States can also choose to develop their exchange in partnership with the federal government. As many as 30 could go that route.
Sebelius said states that prefer a partnership now have until February 15, 2013, to declare their intentions and prepare the appropriate paperwork. She said states can still apply to run exchanges in subsequent years but emphasized that the start date for coverage has not changed.
“Consumers in all 50 states and the District of Columbia will have access to insurance through these new marketplaces on January 1, 2014, as scheduled, with no delays,” she said in the letter, which described the deadline extension as a response to state requests for more time.
Analysts characterized the extension as a substantial offer from the federal government.
“It’s about as far as they reasonably could extend, knowing that the systems have to be ready by Oct 1, 2013,” said Patrick Howard, who advises states on healthcare issues for Deloitte.

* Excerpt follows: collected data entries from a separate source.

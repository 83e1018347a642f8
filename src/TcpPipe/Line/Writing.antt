-- ===== src/TcpPipe/Line/Writing.antt =====
-- The writes of a tcp_pipe_endpoint as a medium, with frames of four bytes of size and a message.
use common.Base.{
  ℕ, ◌+◌, ◌-◌, ◌^◌, ◌<◌, ◌≤◌, ◌≡◌, refl, sym, ap, ◌∙◌, List, [], ◌∷◌, ◌++◌, append_assoc, length,
  take, drop, arith, leb, true, length-append, length-drop, take_all, ok, ensure_ok, ok_injective,
  subst,
}
use common.Utils.Buffer.{Buffer}
use common.TcpPipe.Slices.{drop_within, drop_past, take_more, take-append_drop}
use common.TcpPipe.Operation.{Endian, EndianLaws, bytes_of, header_size}
use common.TcpPipe.Operation.Write
use common.TcpPipe.Operation.Write.{
  WriteProgress, add_bytes, get_unwritten_header_buffer, get_unwritten_payload_buffer,
  is_payload_completed,
}
use common.TcpPipe.Impl.{write_kind}
use common.TcpPipe.Line.{Phase, in_header, in_payload, Medium}
use common.TcpPipe.Line.Framed.{Laws}

-- The bytes of a message on the line.
abbrev pub frame : Endian → List ℕ → List ℕ
frame e message = e.native_to_big (length message) ++ message

-- A message that the header can measure.
abbrev pub Measured : List ℕ → Type 0
Measured message = (0 < length message) × (length message < 2 ^ 32)

-- asio writes a leading part of the buffer that it is given.
abbrev pub Sends : Phase → WriteProgress → List ℕ → Type 0
Sends in_header w bytes = (rest : List ℕ) × (get_unwritten_header_buffer w ≡ ok (bytes ++ rest))
Sends in_payload w bytes = (rest : List ℕ) × (get_unwritten_payload_buffer w ≡ ok (bytes ++ rest))

-- A write of a message whose buffer is as large as it says.
abbrev pub StartsWrite : Endian → WriteProgress → Type 0
StartsWrite e w =
    (message : Buffer) × (message.m_size ≡ length (bytes_of message))
    × Measured (bytes_of message)
    × (w ≡ Write.create e message)

abbrev pub write_medium : Endian → Medium WriteProgress (List ℕ)
write_medium e = record {
  kind = write_kind;
  fill = λ phase bytes w. w;
  Moves = Sends;
  Starts = StartsWrite e;
  message = λ w. bytes_of w.m_payload_buffer;
}

abbrev pub written : WriteProgress → List ℕ
written w = take w.m_bytes_transferred (w.m_write_header_big_endian ++ bytes_of w.m_payload_buffer)

pub record GoodWrite (e : Endian) (w : WriteProgress) : Type 0 where
  pub size : w.m_payload_buffer.m_size ≡ length (bytes_of w.m_payload_buffer)
  pub measured : Measured (bytes_of w.m_payload_buffer)
  pub header : w.m_write_header_big_endian ≡ e.native_to_big (length (bytes_of w.m_payload_buffer))
  pub total : w.m_bytes_total ≡ 4 + length (bytes_of w.m_payload_buffer)
  pub transferred : w.m_bytes_transferred ≤ w.m_bytes_total

module _ (e : Endian) (laws : EndianLaws e) where
  write_starts : (w : WriteProgress) → StartsWrite e w → GoodWrite e w × (written w ≡ [])
  unfolding Write.create
  write_starts w (message, size, measured, eq) =
      subst (λ w. GoodWrite e w × (written w ≡ [])) (sym eq)
        (
          record {
            size = size;
            measured = measured;
            header = ap e.native_to_big (omega (arith, size, measured));
            total = ap (λ n. 4 + n) size;
            transferred = omega arith;
          },
          refl,
        )

  -- The bytes that follow what is written.
  grows :
      (w : WriteProgress) (bytes rest : List ℕ)
      → GoodWrite e w
      → drop w.m_bytes_transferred (w.m_write_header_big_endian ++ bytes_of w.m_payload_buffer)
        ≡ bytes ++ rest
      → GoodWrite e (add_bytes (length bytes) w)
        × (written (add_bytes (length bytes) w) ≡ written w ++ bytes)
  unfolding add_bytes
  grows w bytes rest g h = (
    record {
      size = g.size;
      measured = g.measured;
      header = g.header;
      total = g.total;
      transferred = fits;
    },
    take_more w.m_bytes_transferred _ bytes rest h,
  )
    where
      fits : w.m_bytes_transferred + length bytes ≤ w.m_bytes_total
      fits = omega (
        arith,
        ap length h,
        length-append bytes rest,
        g.total,
        g.transferred,
        length-drop w.m_bytes_transferred
            (w.m_write_header_big_endian ++ bytes_of w.m_payload_buffer),
        length-append w.m_write_header_big_endian (bytes_of w.m_payload_buffer),
        ap length g.header,
        laws.width (length (bytes_of w.m_payload_buffer)),
      )

  write_moves_header :
      (w : WriteProgress) (bytes rest : List ℕ)
      → GoodWrite e w
      → get_unwritten_header_buffer w ≡ ok (bytes ++ rest)
      → GoodWrite e (add_bytes (length bytes) w)
        × (written (add_bytes (length bytes) w) ≡ written w ++ bytes)
  unfolding get_unwritten_header_buffer
  write_moves_header w bytes rest g h =
      let (low, f) = ensure_ok (leb w.m_bytes_transferred header_size) _ h in
      grows w bytes (rest ++ bytes_of w.m_payload_buffer) g (
        drop_within w.m_bytes_transferred w.m_write_header_big_endian (bytes_of w.m_payload_buffer)
          (ground
            (arith, low, ap length g.header, laws.width (length (bytes_of w.m_payload_buffer))))
        ∙ ap (λ r. r ++ bytes_of w.m_payload_buffer) (ok_injective f)
        ∙ append_assoc bytes rest (bytes_of w.m_payload_buffer))

  write_moves_payload :
      (w : WriteProgress) (bytes rest : List ℕ)
      → GoodWrite e w
      → get_unwritten_payload_buffer w ≡ ok (bytes ++ rest)
      → GoodWrite e (add_bytes (length bytes) w)
        × (written (add_bytes (length bytes) w) ≡ written w ++ bytes)
  unfolding get_unwritten_payload_buffer
  write_moves_payload w bytes rest g h =
      let (high, f) = ensure_ok (leb header_size w.m_bytes_transferred) _ h in
      let (_, f') = ensure_ok (leb w.m_bytes_transferred w.m_bytes_total) _ f in
      grows w bytes rest g (
        ap (λ n. drop n (w.m_write_header_big_endian ++ bytes_of w.m_payload_buffer))
          {y = length w.m_write_header_big_endian + (w.m_bytes_transferred - 4)}
          (ground
            (arith, high, ap length g.header, laws.width (length (bytes_of w.m_payload_buffer))))
        ∙ drop_past (w.m_bytes_transferred - 4) w.m_write_header_big_endian
            (bytes_of w.m_payload_buffer)
        ∙ ok_injective f')

  write_whole :
      (w : WriteProgress)
      → GoodWrite e w
      → is_payload_completed w ≡ ok true
      → written w ≡ frame e (bytes_of w.m_payload_buffer)
  unfolding is_payload_completed
  write_whole w g h =
      let (_, f) = ensure_ok (leb w.m_bytes_transferred w.m_bytes_total) _ h in
      take_all (w.m_write_header_big_endian ++ bytes_of w.m_payload_buffer) (
        ground (
          arith,
          ok_injective f,
          g.total,
          ap length g.header,
          laws.width (length (bytes_of w.m_payload_buffer)),
          length-append w.m_write_header_big_endian (bytes_of w.m_payload_buffer),
        ))
      ∙ ap (λ r. r ++ bytes_of w.m_payload_buffer) g.header

  -- What a write may leave on the line: a leading part of a frame.
  abbrev pub Begun : List ℕ → Type 0
  Begun bytes =
      (message : List ℕ) × (rest : List ℕ) × (bytes ++ rest ≡ frame e message) × Measured message

  write_begun : (w : WriteProgress) → GoodWrite e w → Begun (written w)
  write_begun w g = (
    bytes_of w.m_payload_buffer,
    drop w.m_bytes_transferred (w.m_write_header_big_endian ++ bytes_of w.m_payload_buffer),
    take-append_drop w.m_bytes_transferred _ ∙ ap (λ r. r ++ bytes_of w.m_payload_buffer) g.header,
    g.measured,
  )

  unfoldable pub write_laws : Laws (write_medium e) (frame e)
  unfolding write_kind grows write_starts write_moves_header write_moves_payload write_whole
      write_begun
  write_laws = record {
    Good = GoodWrite e;
    held = written;
    Partial = Begun;
    nothing = (0 ∷ [], frame e (0 ∷ []), refl, omega arith);
    keeps = λ w r h. refl;
    starts = write_starts;
    moves_header = λ w r bytes g b m. write_moves_header w bytes m.0 g m.1;
    moves_payload = λ w r bytes g b m. write_moves_payload w bytes m.0 g m.1;
    whole = write_whole;
    partial = write_begun;
  }
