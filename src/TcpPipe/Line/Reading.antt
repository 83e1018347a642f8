-- ===== src/TcpPipe/Line/Reading.antt =====
-- The reads of a tcp_pipe_endpoint as a medium.
pub mod Growth
pub mod Kept
use common.Base.{
  ℕ, ◌+◌, ◌-◌, ◌%◌, ◌^◌, ◌<◌, ◌≤◌, ◌≡◌, refl, sym, ap, ◌∙◌, List, [], ◌∷◌, ◌++◌, append-nil,
  append_assoc, length, take, drop, arith, leb, ◌==◌, Bool, true, false, not, ◌&&◌, if◌then◌else◌,
  Bool-cases, inl, inr, ◌⊎◌, none, some, All, length-append, length-drop, length-take, take_all,
  Outcome, ok, ensure, ensure_ok, ok_injective, ◌>>◌, subst,
}
use common.Utils.Memory.{AllBytes, block, length-block}
use common.Utils.Buffer.{Buffer}
use common.Utils.Buffer
use common.Results.{PipeOpRes, is_op_success}
use common.Message.Types.{max_transfer_message_size}
use common.Message.Decode.Fields.{AllBytes-append}
use common.TcpPipe.Slices.{take_within, take_past, take_put, take-append_drop, All-take, All-drop}
use common.TcpPipe.Operation.{Endian, EndianLaws, bytes_of, header_size, put_at}
use common.TcpPipe.Operation.Read
use common.TcpPipe.Operation.Read.{
  ReadProgress, add_bytes, payload_for, is_payload_buffer_valid, get_buffer_for_unread_header,
  get_buffer_for_unread_payload, is_payload_completed, fill_header, fill_payload,
}
use common.TcpPipe.Impl.{read_kind}
use common.TcpPipe.Line.{Phase, in_header, in_payload, Medium}
use common.TcpPipe.Line.Framed.{Laws}
use common.TcpPipe.Line.Writing.{frame, Measured}

-- asio fills a leading part of the buffer that it is given.
abbrev pub Receives : Phase → ReadProgress → List ℕ → Type 0
Receives in_header r bytes =
    (room : ℕ) × (get_buffer_for_unread_header r ≡ ok room) × (length bytes ≤ room) × AllBytes bytes
Receives in_payload r bytes =
    (room : ℕ) × (get_buffer_for_unread_payload r ≡ ok room)
    × (length bytes ≤ room)
    × AllBytes bytes

abbrev pub filled_in : Phase → List ℕ → ReadProgress → ReadProgress
filled_in in_header bytes r = fill_header bytes r
filled_in in_payload bytes r = fill_payload bytes r

abbrev pub read_medium : Endian → (ℕ → ℕ) → Medium ReadProgress ℕ
read_medium e garbage = record {
  kind = read_kind e garbage;
  fill = filled_in;
  Moves = Receives;
  Starts = λ r. r ≡ Read.create;
  message = λ r. bytes_of r.m_payload_buffer;
}

abbrev pub received : ReadProgress → List ℕ
received r = take r.m_bytes_read (r.m_header ++ bytes_of r.m_payload_buffer)

-- The payload's buffer is not there before the header is, nor after a header that is refused.
pub data Stage (e : Endian) (r : ReadProgress) : Type 0 where
  heading : r.m_bytes_read ≤ 4 → r.m_payload_buffer ≡ Buffer.empty → Stage e r
  loading :
      (mem : List ℕ)
      → r.m_payload_buffer ≡ record { m_buffer = some mem; m_size = length mem }
      → e.big_to_native r.m_header ≡ length mem
      → 0 < length mem
      → length mem ≤ max_transfer_message_size
      → 4 ≤ r.m_bytes_read
      → r.m_bytes_read ≤ length mem + 4
      → Stage e r

pub record GoodRead (e : Endian) (r : ReadProgress) : Type 0 where
  pub width : length r.m_header ≡ 4
  pub bytes : AllBytes r.m_header
  pub stage : Stage e r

The Affordable Care Act, the most sweeping health legislation since the 1960s, would extend health coverage to more than 30 million uninsured Americans. About half would receive coverage through a planned expansion of the Medicaid program for the poor, and the other half through the exchanges.
The list of states that say they will not participate in the healthcare exchanges grew this week when Virginia and Kansas added their names.
Texas, South Dakota, South Carolina, Alaska and Florida confirmed to Reuters on Friday that they will not participate in exchanges. Louisiana had also opposed the plan before the election, but officials there did not respond to inquiries about their plans under Obama’s second term.
But Maine, which advised the administration last April that it did not intend to pursue a state-based exchange, said on Friday that further guidance from Sebelius’ department could make a difference.
“It’s too soon to tell,” said Adrienne Bennett, spokeswoman for Republican Governor Paul LePage.
“We’re willing to look at the information and move forward. But we can’t move forward if we don’t have information from the Obama administration. So we’re in a holding pattern,” she said.
Several Republican advocacy groups are expected to push against the implementation of Obama’s healthcare law. Americans for Prosperity, a conservative non-profit in part funded by billionaire Koch brothers, on Friday urged U.S. governors to reject the state-based exchange options, calling them “flawed” and “bloated bureaucracies” that put states’ budgets at risk.